Si l’on reparcourt les projets, on y discerne alors 5 modalités d’écoute :

5 Écoutes de la spatialisation

 

• Écoute à distance et séparée d’un corps musical (Nicolas, Boulez)

• Écoute intérieure d’un corps musical collectif (Nunes, Boulez)

• Écoute au bord d’un corps rayonnant (Sannicandro, Criton)

• Écoute en immersion d’un espace musicalisé (Schoeller)

• Écoute mobile d’un espace sonorisé (Le Prado)

3 Écritures

De même si l’on reparcourt les sept projets, on peut discerner trois manières différentes d’envisager l’écriture :

— tablature : inscription du geste instrumental (ex. lancement d’un patch numéroté)

— notations : inscription de l’effet sonore (ex. flèche décrivant une trajectoire spatiale générée par l’ordinateur)

— lettres : inscription à la lettre d’une structure musicale (ex. lettres des figures de directivité pour la Timée : K, ∆, Ω)

Ces trois modalités ne sont pas incompatibles : une partition est de toutes les façons un amas disparate de signes de natures hétérogènes.

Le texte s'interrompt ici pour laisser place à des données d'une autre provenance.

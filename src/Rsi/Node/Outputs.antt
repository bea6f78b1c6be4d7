-- ===== src/Rsi/Node/Outputs.antt =====
-- Every datagram that the node sends.
use kuka_iiqka_ros.Prelude.{
  ℕ, List, [], ◌∷◌, Option, none, some, ◌≡◌, refl, arith, sym, ap, ◌∙◌, subst, Option-cases, inl,
  inr,
}
use kuka_iiqka_ros.Double.{Double}
use kuka_iiqka_ros.Double.Order.{IsOrdered}
use kuka_iiqka_ros.Xml.{Xml}
use kuka_iiqka_ros.Params.{Params}
use kuka_iiqka_ros.Rsi.Frame.{SenFrame, parse_rob_frame, serialize_sen_frame}
use kuka_iiqka_ros.Rsi.Limiter.Bounds.{InLimits, HasLimits}
use kuka_iiqka_ros.Rsi.Hardware.{
  RobotHw, configured, set_command, take_fault_clear, on_parsed, read, reply, write,
}
use kuka_iiqka_ros.Rsi.Hardware.Cycle.{reply-InLimits}
use kuka_iiqka_ros.Rsi.Udp.{Udp, Peer, BindAnswers, receive, send_to_last_sender}
use kuka_iiqka_ros.Rsi.Node.{Node, Meets, load_config, configure, init, turn, bytes_of}

module _ {E F : Type 0} ⦃d : Double F⦄ (xml : Xml E F) (deg_to_rad : F)
    (print : SenFrame F → List ℕ) where
  abbrev pub run : Node F → List (Meets F) → Node F
  run s [] = s
  run s (m ∷ ms) = run (turn xml deg_to_rad print s m).0 ms

  read-limits : (s : RobotHw F) (bytes : List ℕ) → (read xml deg_to_rad s bytes).limits ≡ s.limits
  unfolding read take_fault_clear on_parsed
  read-limits s [] = ground arith
  read-limits s (byte ∷ bytes) = elim (Option-cases (parse_rob_frame xml (byte ∷ bytes))) [
    | inl bad ↦ rw bad (ground arith)
    | inr (f, good) ↦ rw good (ground arith)
  ]

  write-limits : (s : RobotHw F) → (write print s).0.limits ≡ s.limits
  unfolding write reply
  write-limits s = ground arith

  -- The interface that a turn hands to `write`.
  abbrev before_write : Node F → Meets F → RobotHw F
  before_write s m =
      set_command (read xml deg_to_rad s.hw (bytes_of (receive s.udp m.arrival).1)) m.command

  turn-hw :
      (s : Node F) (m : Meets F)
      → (turn xml deg_to_rad print s m).0.hw ≡ (write print (before_write s m)).0
  unfolding turn
  turn-hw s m = elim (Option-cases (write print (before_write s m)).1) [
    | inl silent ↦ rw (silent, turn) refl
    | inr (bytes, out) ↦ rw (out, turn) refl
  ]

  turn-limits :
      (s : Node F) (m : Meets F) → (turn xml deg_to_rad print s m).0.hw.limits ≡ s.hw.limits
  unfolding set_command
  turn-limits s m =
      ap (λ h. h.limits) (turn-hw s m)
      ∙ write-limits (before_write s m)
      ∙ read-limits s.hw (bytes_of (receive s.udp m.arrival).1)

  run-limits : (s : Node F) (ms : List (Meets F)) → (run s ms).hw.limits ≡ s.hw.limits
  run-limits s [] = refl
  run-limits s (m ∷ ms) = run-limits (turn xml deg_to_rad print s m).0 ms ∙ turn-limits s m

  serialize-frame :
      (o : Option (SenFrame F)) (bytes : List ℕ)
      → (let text : Option (List ℕ) = elim o [
        | none ↦ none
        | some f ↦ serialize_sen_frame print f 1024
      ] in
          text)
        ≡ some bytes
      → (f : SenFrame F) × (o ≡ some f) × (bytes ≡ print f)
  unfolding serialize_sen_frame
  serialize-frame none bytes e = cc
  serialize-frame (some f) bytes e = (f, refl, ground arith)

  write-frame :
      (s : RobotHw F) (bytes : List ℕ)
      → (write print s).1 ≡ some bytes
      → (f : SenFrame F) × ((reply s).1 ≡ some f) × (bytes ≡ print f)
  unfolding write
  write-frame s bytes e = serialize-frame (reply s).1 bytes e

  send-bytes :
      (u : Udp) (text bytes : List ℕ) (n : Option ℕ) (peer : Peer)
      → (send_to_last_sender u text n).0 ≡ some (peer, bytes)
      → bytes ≡ text
  unfolding send_to_last_sender
  send-bytes u text bytes none peer e = ground arith
  send-bytes u text bytes (some n) peer e = ground arith

  turn-frame :
      (s : Node F) (m : Meets F) (peer : Peer) (bytes : List ℕ)
      → (turn xml deg_to_rad print s m).1 ≡ some (peer, bytes)
      → (f : SenFrame F) × ((reply (before_write s m)).1 ≡ some f) × (bytes ≡ print f)
  unfolding turn
  turn-frame s m peer bytes e = elim (Option-cases (write print (before_write s m)).1) [
    | inl silent ↦ let sent = rw (silent, turn) at e in cc
    | inr (text, out) ↦
        let sent = rw (out, turn) at e in
        let (f, made, printed) = write-frame (before_write s m) text out in
        (f, made, send-bytes (receive s.udp m.arrival).0 text bytes m.sent peer sent ∙ printed)
  ]

  set_command-limits : (s : Node F) (m : Meets F) → (before_write s m).limits ≡ s.hw.limits
  unfolding set_command
  set_command-limits s m = read-limits s.hw (bytes_of (receive s.udp m.arrival).1)

  init-limits :
      (ps : Params F) (udp : Udp) (a : BindAnswers) (s : Node F)
      → init ps udp a ≡ some s
      → s.hw.limits ≡ (load_config ps).limits
  unfolding init configure configured
  init-limits ps udp a s made = ground arith

  -- A node that was set up with limits on the parameter server, or by default, that are not negative
  -- sends, over every run of its turns, only frames whose corrections are within these limits on every
  -- axis, whatever arrives, and whatever the controllers command, NaN included.
  pub run-InLimits :
      IsOrdered F
      → (ps : Params F) (udp : Udp) (a : BindAnswers) (s : Node F) (ms : List (Meets F))
        (m : Meets F) (peer : Peer) (bytes : List ℕ)
      → HasLimits (load_config ps).limits
      → init ps udp a ≡ some s
      → (turn xml deg_to_rad print (run s ms) m).1 ≡ some (peer, bytes)
      → (f : SenFrame F) × (bytes ≡ print f) × InLimits (load_config ps).limits f.corr
  run-InLimits laws ps udp a s ms m peer bytes h made sends =
      let t = run s ms in
      let same : (before_write t m).limits ≡ (load_config ps).limits =
        set_command-limits t m ∙ run-limits s ms ∙ init-limits ps udp a s made in
      let (f, out, printed) = turn-frame t m peer bytes sends in
      (
        f,
        printed,
        subst (λ l. InLimits l f.corr) same
            (reply-InLimits laws (before_write t m) (subst HasLimits (sym same) h) out),
      )
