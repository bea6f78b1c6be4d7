-- ===== src/Rsi/Node/Replies.antt =====
-- Where the replies of the node go.
use kuka_iiqka_ros.Double.{Double}
use kuka_iiqka_ros.Xml.{Xml}
use kuka_iiqka_ros.Rsi.Udp.{Udp}
use kuka_iiqka_ros.Rsi.Node.{Node}
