-- ===== src/Sri/MockServer/Sends.antt =====
-- What single sends of the simulated sensor put on the stream.
use mathlib.Core.List.{append_assoc, append-nil}
use kuka_iiqka_ros.Prelude.{
  ℕ, zero, suc, ◌+◌, Bool, true, false, List, [], ◌∷◌, ◌++◌, length, length-append, All, ◌≡◌, ◌≢◌,
  refl, sym, ap, ◌∙◌, subst, arith, if◌then◌else◌,
}
use kuka_iiqka_ros.Sri.Frame.{build_frame, u64}
use kuka_iiqka_ros.Sri.Frame.Stream.{
  Item, whole, spoilt, noise, IsItem, bytes_of, stream_of, samples_of,
}
use kuka_iiqka_ros.Sri.MockServer.{
  MockServer, ack, next_pn, send_locked, send_frame, count_frame, may_send, send_loop, send_raw,
}
use kuka_iiqka_ros.Sri.MockServer.Script.{Box, frames, ack_items, noises, box_of}

stream_of-append : (is js : List Item) → stream_of (is ++ js) ≡ stream_of is ++ stream_of js
unfolding stream_of
stream_of-append [] js = refl
stream_of-append (i ∷ is) js =
    ap (λ l. bytes_of i ++ l) (stream_of-append is js)
    ∙ sym (append_assoc (bytes_of i) (stream_of is) (stream_of js))

samples_of-append : (is js : List Item) → samples_of (is ++ js) ≡ samples_of is ++ samples_of js
unfolding samples_of
samples_of-append [] js = refl
samples_of-append (whole pn wrench ∷ is) js =
    ap (λ l. record { raw = wrench; package_number = pn } ∷ l) (samples_of-append is js)
samples_of-append (spoilt pn wrench ∷ is) js = samples_of-append is js
samples_of-append (noise b ∷ is) js = samples_of-append is js

All-append : (is js : List Item) → All IsItem is → All IsItem js → All IsItem (is ++ js)
All-append [] js vs ws = ws
All-append (i ∷ is) js (v, vs) ws = (v, All-append is js vs ws)

-- A connection is open, and what may be sent is what streams.
pub record IsOpen (s : MockServer) : Type 0 where
  pub up : s.connected ≡ true
  pub allows : may_send s ≡ s.streaming
  pub size : length s.wrench ≡ 24

-- From one state to another, items have gone out, and frames are counted.
pub record Plays (s t : MockServer) (b : Box) (is : List Item) : Type 0 where
  pub box : box_of t ≡ b
  pub adds : t.sent ≡ s.sent ++ stream_of is
  pub fine : All IsItem is
  pub counted : u64 t.frames_sent ≡ u64 (s.frames_sent + length (samples_of is))
  pub now : IsOpen t

pub none-Plays : (s : MockServer) → IsOpen s → Plays s s (box_of s) []
none-Plays s h =
    unfold stream_of samples_of in
    record { box = refl; adds = sym (append-nil s.sent); fine = tt; counted = omega arith; now = h }

pub Plays-trans :
    {s t u : MockServer} {b c : Box} {is js : List Item}
    → Plays s t b is
    → Plays t u c js
    → Plays s u c (is ++ js)
Plays-trans {s} {t} {u} {b} {c} {is} {js} p q = record {
  box = q.box;
  adds =
      q.adds
      ∙ ap (λ l. l ++ stream_of js) p.adds
      ∙ append_assoc s.sent (stream_of is) (stream_of js)
      ∙ ap (λ l. s.sent ++ l) (sym (stream_of-append is js));
  fine = All-append is js p.fine q.fine;
  counted =
      let e = ap length (samples_of-append is js) ∙ length-append (samples_of is) (samples_of js) in
      omega (arith, e, p.counted, q.counted);
  now = q.now;
}

frame-open :
    (s : MockServer)
    → s.connected ≡ true
    → count_frame (send_frame s false) ≡ record s {
      pn = next_pn s.pn;
      frames_sent = u64 (s.frames_sent + 1);
      sent = s.sent ++ build_frame (next_pn s.pn) s.wrench false;
    }
unfolding count_frame send_frame send_locked
frame-open s up = rw up refl

pub frame-Plays :
    (s : MockServer)
    → IsOpen s
    → Plays s
        (count_frame (send_frame s false))
        (record (box_of s) { number = next_pn s.pn })
        (whole (next_pn s.pn) s.wrench ∷ [])
unfolding stream_of samples_of bytes_of may_send
frame-Plays s h = rw (frame-open s h.up) (record {
  box = refl;
  adds = ap (λ l. s.sent ++ l) (sym (append-nil _));
  fine = ((omega arith, h.size), tt);
  counted = omega arith;
  now = record { up = h.up; allows = h.allows; size = h.size };
})

pub frames-Plays :
    (count : ℕ) (s : MockServer)
    → IsOpen s
    → Plays s (send_loop s count) (frames count (box_of s)).0 (frames count (box_of s)).1
unfolding send_loop frames
frames-Plays zero s h = none-Plays s h
frames-Plays (suc count) s h =
    let t = count_frame (send_frame s false) in
    let p = frame-Plays s h in
    let q = frames-Plays count t p.now in
    Plays-trans p
      (subst (λ b. Plays t (send_loop t count) (frames count b).0 (frames count b).1) p.box q)

bad-open :
    (s : MockServer)
    → s.connected ≡ true
    → send_frame s true
      ≡ record s { pn = next_pn s.pn; sent = s.sent ++ build_frame (next_pn s.pn) s.wrench true }
unfolding send_frame send_locked
bad-open s up = rw up refl

pub bad-Plays :
    (s : MockServer)
    → IsOpen s
    → Plays s
        (send_frame s true)
        (record (box_of s) { number = next_pn s.pn })
        (spoilt (next_pn s.pn) s.wrench ∷ [])
unfolding stream_of samples_of bytes_of may_send
bad-Plays s h = rw (bad-open s h.up) (record {
  box = refl;
  adds = ap (λ l. s.sent ++ l) (sym (append-nil _));
  fine = ((omega arith, h.size), tt);
  counted = omega arith;
  now = record { up = h.up; allows = h.allows; size = h.size };
})

ack-open :
    (s : MockServer)
    → s.connected ≡ true
    → record (send_locked s ack) { streaming = true }
      ≡ record s { streaming = true; sent = s.sent ++ ack }
unfolding send_locked
ack-open s up = rw up refl

pub ack-Plays :
    (s : MockServer)
    → IsOpen s
    → Plays s
        (record (send_locked s ack) { streaming = true })
        (record (box_of s) { streaming = true })
        ack_items
unfolding stream_of samples_of bytes_of may_send ack_items
ack-Plays s h = rw (ack-open s h.up) (record {
  box = refl;
  adds = refl;
  fine = ground arith;
  counted = omega arith;
  now = record { up = h.up; allows = refl; size = h.size };
})

stream_of-noises : (bytes : List ℕ) → stream_of (noises bytes) ≡ bytes
unfolding stream_of noises bytes_of
stream_of-noises [] = refl
stream_of-noises (b ∷ bs) = ap (λ l. b ∷ l) (stream_of-noises bs)

samples_of-noises : (bytes : List ℕ) → samples_of (noises bytes) ≡ []
unfolding samples_of noises
samples_of-noises [] = refl
samples_of-noises (b ∷ bs) = samples_of-noises bs

noises-IsItem : (bytes : List ℕ) → All (λ b. b ≢ 0xAA) bytes → All IsItem (noises bytes)
unfolding noises
noises-IsItem [] h = tt
noises-IsItem (b ∷ bs) (h, hs) = (h, noises-IsItem bs hs)

raw-open :
    (s : MockServer) (bytes : List ℕ)
    → s.connected ≡ true
    → send_raw s bytes ≡ record s { sent = s.sent ++ bytes }
unfolding send_raw send_locked
raw-open s bytes up = rw up refl

pub raw-Plays :
    (s : MockServer) (bytes : List ℕ)
    → IsOpen s
    → All (λ b. b ≢ 0xAA) bytes
    → Plays s (send_raw s bytes) (box_of s) (noises bytes)
unfolding may_send
raw-Plays s bytes h other = rw (raw-open s bytes h.up) (record {
  box = refl;
  adds = ap (λ l. s.sent ++ l) (sym (stream_of-noises bytes));
  fine = noises-IsItem bytes other;
  counted = let e = ap length (samples_of-noises bytes) in omega (arith, e);
  now = record { up = h.up; allows = h.allows; size = h.size };
})

-- What is done under a test, or nothing.
pub if-Plays :
    (c : Bool) (s t : MockServer) (b : Box) (is : List Item)
    → IsOpen s
    → Plays s t b is
    → let played : Box × List Item = if c then (b, is) else (box_of s, []) in
      Plays s (if c then t else s) played.0 played.1
if-Plays true s t b is h p = p
if-Plays false s t b is h p = none-Plays s h
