-- ===== src/Sri/MockServer/Streams.antt =====
-- What a client of the simulated sensor gets, and what the assembler of the driver makes of it.
use mathlib.Core.List.{append-nil}
use kuka_iiqka_ros.Prelude.{
  ℕ, ◌+◌, ◌≤◌, Bool, true, false, not, Option, none, some, List, [], ◌∷◌, ◌++◌, length, All, ◌≡◌,
  refl, sym, ap, ◌∙◌, subst, arith, if◌then◌else◌,
}
use kuka_iiqka_ros.Sri.Frame.{Assembler, at_sync1, feed, u64}
use kuka_iiqka_ros.Sri.Frame.Stream.{stream_of, samples_of, counts}
use kuka_iiqka_ros.Sri.Frame.Items.{feed-stream_of}
use kuka_iiqka_ros.Sri.MockServer.{
  MockServer, may_send, send_frames, send_bad_checksum_frame, set_wrench, on_accepted, is_start,
  on_command, pace, turn,
}
use kuka_iiqka_ros.Sri.MockServer.Script.{
  Event, sets_wrench, sends, sends_bad, sends_raw, turns, IsFine, received_of, step, run, Box,
  hears, paces, plays, script, box_of,
}
use kuka_iiqka_ros.Sri.MockServer.Sends.{
  IsOpen, Plays, none-Plays, Plays-trans, frame-Plays, frames-Plays, bad-Plays, raw-Plays,
  ack-Plays, if-Plays,
}

hears-Plays :
    (s : MockServer) (x : ℕ) (xs : List ℕ)
    → IsOpen s
    → Plays s
        (on_command s (x ∷ xs))
        (hears (some (x, xs)) (box_of s)).0
        (hears (some (x, xs)) (box_of s)).1
unfolding hears on_command
hears-Plays s x xs h = if-Plays (is_start (x ∷ xs)) s _ _ _ h (ack-Plays s h)

paces-Plays :
    (s : MockServer) (due : Bool)
    → IsOpen s
    → Plays s (pace s due) (paces due (box_of s)).0 (paces due (box_of s)).1
unfolding paces pace
paces-Plays s false h = none-Plays s h
paces-Plays s true h = if-Plays s.streaming s _ _ _ h (frame-Plays s h)

quiet-open : (s : MockServer) (due : Bool) → s.connected ≡ true → turn s false none due ≡ pace s due
unfolding turn
quiet-open s due up = ap (λ c. if not c then s else pace s due) up

heard-open :
    (s : MockServer) (x : ℕ) (xs : List ℕ) (due : Bool)
    → s.connected ≡ true
    → turn s false (some (x ∷ xs)) due ≡ pace (on_command s (x ∷ xs)) due
unfolding turn
heard-open s x xs due up = ap (λ c. if not c then s else pace (on_command s (x ∷ xs)) due) up

turn-Plays :
    (s : MockServer) (received : Option (ℕ × List ℕ)) (due : Bool)
    → IsOpen s
    → let (c, is) = hears received (box_of s) in
      let (e, js) = paces due c in Plays s (turn s false (received_of received) due) e (is ++ js)
unfolding hears
turn-Plays s none due h = rw (quiet-open s due h.up) (paces-Plays s due h)
turn-Plays s (some (x, xs)) due h =
    let t = on_command s (x ∷ xs) in
    let p = hears-Plays s x xs h in
    rw (heard-open s x xs due h.up) (
      Plays-trans p (
        subst (λ b. Plays t (pace t due) (paces due b).0 (paces due b).1) p.box
          (paces-Plays t due p.now)))

plays-Plays :
    (s : MockServer) (e : Event)
    → IsOpen s
    → IsFine e
    → Plays s (step s e) (plays e (box_of s)).0 (plays e (box_of s)).1
unfolding plays step send_frames send_bad_checksum_frame set_wrench
plays-Plays s (sets_wrench wrench) h size =
    unfold stream_of samples_of may_send in
    record {
      box = refl;
      adds = sym (append-nil s.sent);
      fine = tt;
      counted = omega arith;
      now = record { up = h.up; allows = h.allows; size = size };
    }
plays-Plays s (sends count) h u =
    rw h.allows (if-Plays s.streaming s _ _ _ h (frames-Plays count s h))
plays-Plays s sends_bad h u = rw h.allows (if-Plays s.streaming s _ _ _ h (bad-Plays s h))
plays-Plays s (sends_raw bytes) h other = raw-Plays s bytes h other
plays-Plays s (turns received due) h u = turn-Plays s received due h

run-Plays :
    (es : List Event) (s : MockServer)
    → IsOpen s
    → All IsFine es
    → (b : Box) × Plays s (run s es) b (script (box_of s) es)
unfolding run script
run-Plays [] s h us = (box_of s, none-Plays s h)
run-Plays (e ∷ es) s h (u, us) =
    let p = plays-Plays s e h u in
    let (b, q) = run-Plays es (step s e) p.now us in
    (b, Plays-trans p (subst (λ c. Plays (step s e) (run (step s e) es) b (script c es)) p.box q))

accepted-IsOpen : (s : MockServer) → length s.wrench ≡ 24 → IsOpen (on_accepted s)
unfolding on_accepted may_send
accepted-IsOpen s size = ground arith

-- From a connection on, whatever is scripted and received, where the wrenches have 24 bytes, no byte
-- that is sent raw is the first sync byte 0xAA of a frame, and the connection does not end: an
-- assembler that waits for a frame, reads all that the client got and has room gives just the samples
-- of the frames that the script plays, in order, with their numbers and wrenches; it counts the spoilt
-- frames, and it skips and counts the raw bytes and the bytes of the answers to commands; and the
-- samples are as many as the server has counted since then, modulo 2^64.
pub run-script :
    (s : MockServer) (es : List Event) (a : Assembler) (max_out : ℕ)
    → length s.wrench ≡ 24
    → All IsFine es
    → a.state ≡ at_sync1
    → let t = on_accepted s in
      let is = script (box_of t) es in
      length (samples_of is) ≤ max_out
      → let (b, out) = feed a (run t es).sent max_out in
        (out ≡ samples_of is)
        × (b.stats ≡ counts a.stats is)
        × (u64 (run t es).frames_sent ≡ u64 (s.frames_sent + length out))
unfolding on_accepted
run-script s es a max_out size us waits room =
    let t = on_accepted s in
    let is = script (box_of t) es in
    let (b, p) = run-Plays es t (accepted-IsOpen s size) us in
    let (samples, stats, state) = feed-stream_of a is max_out waits p.fine room in
    let out = ap (λ l. (feed a l max_out).1) p.adds ∙ samples in
    (
      out,
      ap (λ l. (feed a l max_out).0.stats) p.adds ∙ stats,
      p.counted ∙ ap (λ l. u64 (s.frames_sent + length l)) (sym out),
    )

3 Écritures de la spatialisation

 

• Tablatures :

inscription du geste instrumental : ex. lancement d’un patch

• Notations :

inscription de l’effet sonore : ex. figuration d’une trajectoire spatiale

  • Écriture proprement dite (à la lettre) :

inscription d’une structure musicale : ex. lettres des figures de directivité pour la Timée (K, ∆, Ω…)

Pratique !

Phase pratique maintenant indispensable !

Enjeu selon moi très important : identifier non seulement ce que chaque technologie peut offrir au compositeur mais aussi l’impossible propre à chacune d’entre elles ; c’est ici la voie royale pour s’approprier musicalement une technologie car c’est le véritable moyen pour comprendre son réel selon la bonne vieille formule que l’imaginaire ne rencontre pas l’impossible mais que le réel se configure en des points propres d’impossible.

Or le problème pour un compositeur est non seulement : que peut-on imaginer faire avec le Spat, la Wfs, la Timée ?, mais aussi : quel est le réel de ces dispositifs ? Il en va ici de la détermination du point par lequel un compositeur peut espérer s’y rapporter concrètement.